---- PROVIDED RECORDS

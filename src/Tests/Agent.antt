-- ===== src/Tests/Agent.antt =====
-- Tests of the agent's theorems.
use quellgeist.Base.{
  ℕ, ◌+◌, ◌*◌, ◌≤◌, String, ◌≡◌, refl, ◌↔◌, inl, inr, true, false, Option, none, some, List, [],
  ◌∷◌, ◌++◌, arith, In, all, length, map, is_some,
}
use quellgeist.Effects.{json_action_error, Exn, Result, ok, raise, type_error, provider_error}
use quellgeist.Signals.{not_a_number, Value, Values, nil, list, Row, str, str_key, int_key, get}
use quellgeist.Agent.Schema.{
  Kind, commit, EvidenceRef, Handle, key, Hypothesis, Diagnosis, is_empty, validate,
  check_hypothesis,
}
use quellgeist.Agent.Schema.Validity.{IsCoherent, IsSound, validate-ok}
use quellgeist.Agent.Citations.{check_fabrication}
use quellgeist.Agent.Citations.Exact.{Cites, IsReal, check_fabrication_exact}
use quellgeist.Agent.Actions.{extract_json}
use quellgeist.Agent.Actions.First.{FirstObject, NoObject, extract_json-first}
use quellgeist.Agent.Providers.{complete, retry, requested, or_blank, made_of, retries_of}
use quellgeist.Agent.Providers.Retry.{retry_recovers, skip}
use quellgeist.Agent.Verifier.{HypothesisVerdict, VerifierResult, verify}
use quellgeist.Agent.Verifier.Support.{kept}
use quellgeist.Agent.Verifier.Grounded.{verify_keeps, verify_grounded}
use quellgeist.Agent.Timing.{DateTime, naive, TimeCodec, CommitTimes, timing_objection}
use quellgeist.Agent.Timing.Ordering.{Impossible, timing_objection_exact}
use quellgeist.Agent.Loop.{LoopResult, start, run_loop}
use quellgeist.Agent.Loop.Budget.{run_loop_bounds, run_loop_requests}
use quellgeist.Tests.Samples.{
  from_ok, diagnosis, deploy_hypothesis, log_row, other_commit, named_commit, codec_of, usage,
  backend, provider, prompts, diagnose_reply, list_reply, supported_reply,
}

abbrev made_up : Handle
made_up = (commit, str_key "abc")

check_fabrication_exact_example :
    In made_up (made_up ∷ [])
    ↔ (Cites diagnosis made_up × ¬ IsReal (log_row ∷ []) (other_commit ∷ []) none made_up)
unfolding check_fabrication quellgeist.Agent.Citations.real_signal_handles
    quellgeist.Agent.Citations.handles_of quellgeist.Agent.Citations.add_handle get
    quellgeist.Signals.is_hashable quellgeist.Base.keep quellgeist.Agent.Citations.cited_handles
    quellgeist.Base.flat_map quellgeist.Base.any quellgeist.Agent.Citations.handle_eq
    quellgeist.Agent.Schema.kind_beq key quellgeist.Signals.key_eq
check_fabrication_exact_example =
    check_fabrication_exact diagnosis (log_row ∷ []) (other_commit ∷ []) none (made_up ∷ []) made_up
      refl

-- JSON that is read as NaN makes a diagnosis that is valid.
abbrev doubtful : Diagnosis
doubtful = record diagnosis {
  hypotheses = record deploy_hypothesis { confidence = not_a_number } ∷ diagnosis.hypotheses;
}

validate-ok_example : (validate doubtful ≡ ok doubtful) ↔ (
    (doubtful ≡ doubtful)
    × IsCoherent doubtful
    × ((h : Hypothesis) → In h doubtful.hypotheses → IsSound h))
validate-ok_example = validate-ok doubtful doubtful

doubtful_accepted : validate doubtful ≡ ok doubtful
unfolding validate all check_hypothesis quellgeist.Agent.Schema.abstention_invariant
doubtful_accepted = refl

extract_json-first_example :
    ((row : Row)
      → (extract_json (codec_of list_reply) "so: {" ≡ ok row)
        ↔ FirstObject (codec_of list_reply) "so: {" row)
    × ((extract_json (codec_of list_reply) "so: {"
          ≡ raise (json_action_error "no JSON object found in model output"))
        ↔ NoObject (codec_of list_reply) "so: {")
extract_json-first_example = extract_json-first (codec_of list_reply) "so: {"

retry_recovers_example : retry 2 backend [] ≡ (
  ok (or_blank (some "{")),
  record (requested (skip 1 backend)) { calls = backend.calls ++ usage ∷ [] },
)
retry_recovers_example =
    retry_recovers 1 2 backend [] (some "{") usage (omega arith) ((provider_error "busy", refl), tt)
      refl

abbrev verified : VerifierResult
verified = record {
  diagnosis = diagnosis;
  verdicts = record { cause = "deploy"; supported = true; reason = "" } ∷ [];
}

verify_keeps_example :
    (map (λ (v : HypothesisVerdict). v.cause) verified.verdicts
      ≡ map (λ (h : Hypothesis). h.cause) diagnosis.hypotheses)
    × (verified.diagnosis.hypotheses ≡ kept verified.verdicts diagnosis.hypotheses)
    × (verified.diagnosis.abstained ≡ is_empty verified.diagnosis.hypotheses)
    × IsCoherent verified.diagnosis
unfolding verify quellgeist.Agent.Verifier.verify_with quellgeist.Agent.Verifier.build_indexes
    quellgeist.Agent.Verifier.index_by quellgeist.Agent.Verifier.entry get
    quellgeist.Signals.is_hashable quellgeist.Agent.Verifier.judge_all
    quellgeist.Agent.Verifier.judge quellgeist.Base.any quellgeist.Agent.Verifier.resolve_evidence
    quellgeist.Agent.Verifier.resolve quellgeist.Agent.Verifier.find_row quellgeist.Signals.key_eq
    quellgeist.Agent.Verifier.verdict_for complete quellgeist.Agent.Verifier.conclude extract_json
    quellgeist.Agent.Actions.object_of quellgeist.Agent.Actions.or_action_error
    quellgeist.Agent.Actions.scan retry quellgeist.Agent.Schema.abstention_invariant
    quellgeist.Agent.Verifier.read_verdict quellgeist.Base.eqz quellgeist.Base.mulz
    quellgeist.Effects.message quellgeist.Agent.Verifier.reason_of
verify_keeps_example =
    verify_keeps (codec_of supported_reply) diagnosis (log_row ∷ []) (named_commit ∷ []) none
      provider verified refl refl

verify_grounded_example :
    In deploy_hypothesis diagnosis.hypotheses
    × ((ref : EvidenceRef) × In ref deploy_hypothesis.evidence
        × IsReal (log_row ∷ []) (named_commit ∷ []) none (key ref))
unfolding verify quellgeist.Agent.Verifier.verify_with quellgeist.Agent.Verifier.build_indexes
    quellgeist.Agent.Verifier.index_by quellgeist.Agent.Verifier.entry get
    quellgeist.Signals.is_hashable quellgeist.Agent.Verifier.judge_all
    quellgeist.Agent.Verifier.judge quellgeist.Base.any quellgeist.Agent.Verifier.resolve_evidence
    quellgeist.Agent.Verifier.resolve quellgeist.Agent.Verifier.find_row quellgeist.Signals.key_eq
    quellgeist.Agent.Verifier.verdict_for complete quellgeist.Agent.Verifier.conclude extract_json
    quellgeist.Agent.Actions.object_of quellgeist.Agent.Actions.or_action_error
    quellgeist.Agent.Actions.scan retry quellgeist.Agent.Schema.abstention_invariant
    quellgeist.Agent.Verifier.read_verdict quellgeist.Base.eqz quellgeist.Base.mulz
    quellgeist.Effects.message quellgeist.Agent.Verifier.reason_of
verify_grounded_example =
    verify_grounded (codec_of supported_reply) diagnosis (log_row ∷ []) (named_commit ∷ []) none
      provider verified deploy_hypothesis refl refl (inl refl)

abbrev clock : TimeCodec
clock = record {
  codec = codec_of list_reply;
  fromisoformat = λ _. some (naive 5);
  objection_text = λ _ _. "too late";
}

abbrev objection : Option String
objection = some "too late"

timing_objection_exact_example :
    (is_some objection ≡ true) ↔ Impossible (naive 3) ((str "abc", naive 5) ∷ []) deploy_hypothesis
unfolding timing_objection quellgeist.Agent.Timing.resolved_commits
    quellgeist.Agent.Timing.cited_commits quellgeist.Agent.Timing.find_time
    quellgeist.Signals.key_eq quellgeist.Agent.Timing.all_after quellgeist.Agent.Timing.time_lt
timing_objection_exact_example =
    timing_objection_exact clock deploy_hypothesis (naive 3) ((str "abc", naive 5) ∷ []) objection
      refl

abbrev loop_out : LoopResult
loop_out =
    from_ok (start prompts [] "1") (run_loop (codec_of diagnose_reply) prompts provider [] "1" 2).0

run_loop_bounds_example :
    (loop_out.steps ≤ 2)
    × (length loop_out.tool_calls ≤ loop_out.steps)
    × (length loop_out.schema_violations ≤ loop_out.steps)
    × IsCoherent loop_out.diagnosis
unfolding run_loop quellgeist.Agent.Loop.run_steps complete quellgeist.Agent.Loop.after_turn
    quellgeist.Agent.Loop.turn extract_json quellgeist.Agent.Actions.scan
    quellgeist.Agent.Actions.object_of quellgeist.Agent.Loop.act get quellgeist.Agent.Loop.diagnose
    quellgeist.Agent.Loop.build_diagnosis quellgeist.Agent.Loop.validated validate all
    check_hypothesis quellgeist.Agent.Schema.abstention_invariant
    quellgeist.Agent.Actions.or_action_error quellgeist.Agent.Citations.add_handle
    quellgeist.Agent.Loop.abstain quellgeist.Agent.Loop.call_tool quellgeist.Agent.Loop.complain
    quellgeist.Agent.Loop.exhausted quellgeist.Agent.Loop.find_tool quellgeist.Agent.Loop.observe
    quellgeist.Agent.Loop.record_seen quellgeist.Agent.Loop.retry_msg quellgeist.Agent.Loop.seen_in
    start quellgeist.Agent.Loop.with_tool retry quellgeist.Base.lez quellgeist.Effects.message
    quellgeist.Signals.is_hashable quellgeist.Signals.of_list
run_loop_bounds_example =
    run_loop_bounds (codec_of diagnose_reply) prompts provider [] "1" 2 loop_out refl

run_loop_requests_example :
    made_of (run_loop (codec_of diagnose_reply) prompts provider [] "1" 2).1
    ≤ made_of provider + 2 * retries_of provider
run_loop_requests_example = run_loop_requests (codec_of diagnose_reply) prompts provider [] "1" 2
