-- ===== src/Tests/Evals.antt =====
-- Tests of the judge's theorem, and of the judge and the audit on small inputs.
use quellgeist.Base.{◌≡◌, refl, true, false, some, [], ◌∷◌, ◌↔◌}
use quellgeist.Agent.Schema.{commit_ref}
use quellgeist.Agent.Schema.Validity.{IsCoherent}
use quellgeist.Signals.{null, str, empty, field}
use quellgeist.Evals.Audits.{is_part, has_prefix, unobserved}
use quellgeist.Evals.Judge.{Scenario, JudgeResult, judge}
use quellgeist.Evals.Judge.Exact.{Deserved, judge_exact}
use quellgeist.Tests.Samples.{diagnosis, silent}

abbrev scenario : Scenario
scenario = record {
  id = "bad_deploy_1";
  failure_class = "bad_deploy";
  now = "2026-01-01T00:00:00Z";
  logs = [];
  commits = [];
  metrics = [];
  gold_cause = "the deploy";
  gold_evidence = [];
  gold_evidence_refs = commit_ref "abc" "" ∷ [];
}

judged_silent :
    judge silent scenario
    ≡ some (record {
      passed = false;
      correct_cause = false;
      evidence_matches = false;
      reason = "diagnosis abstained";
    })
unfolding judge
judged_silent = refl

diagnosis-IsCoherent : IsCoherent diagnosis
diagnosis-IsCoherent = record { reasoned = λ e. cc; silent = λ e. cc; caused = λ _. refl }

judge_exact_example :
    (r : JudgeResult) × (judge diagnosis scenario ≡ some r)
    × ((r.passed ≡ true) ↔ Deserved diagnosis scenario)
judge_exact_example = judge_exact diagnosis scenario diagnosis-IsCoherent

found_inside : is_part "/pay" "route /pay failed" ≡ true
unfolding is_part has_prefix
found_inside = refl

none_is_no_filter :
    unobserved (λ v. "/pay") "query_logs" ("route /buy" ∷ []) (field "limit" null empty) ≡ []
unfolding unobserved
none_is_no_filter = refl

speculative :
    unobserved (λ v. "/pay") "query_logs" ("route /buy" ∷ []) (field "route" (str "/pay") empty)
    ≡ record { action = "query_logs"; arg = "route"; value = str "/pay" } ∷ []
unfolding unobserved is_part has_prefix quellgeist.Base.any
speculative = refl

--------

TASK DIRECTIONS: Extract every line above containing the word "backend".

ANSWER TO THIS PROBLEM:
  backend, provider, prompts, diagnose_reply, list_reply, supported_reply,
retry_recovers_example : retry 2 backend [] ≡ (
  record (requested (skip 1 backend)) { calls = backend.calls ++ usage ∷ [] },
    retry_recovers 1 2 backend [] (some "{") usage (omega arith) ((provider_error "busy", refl), tt)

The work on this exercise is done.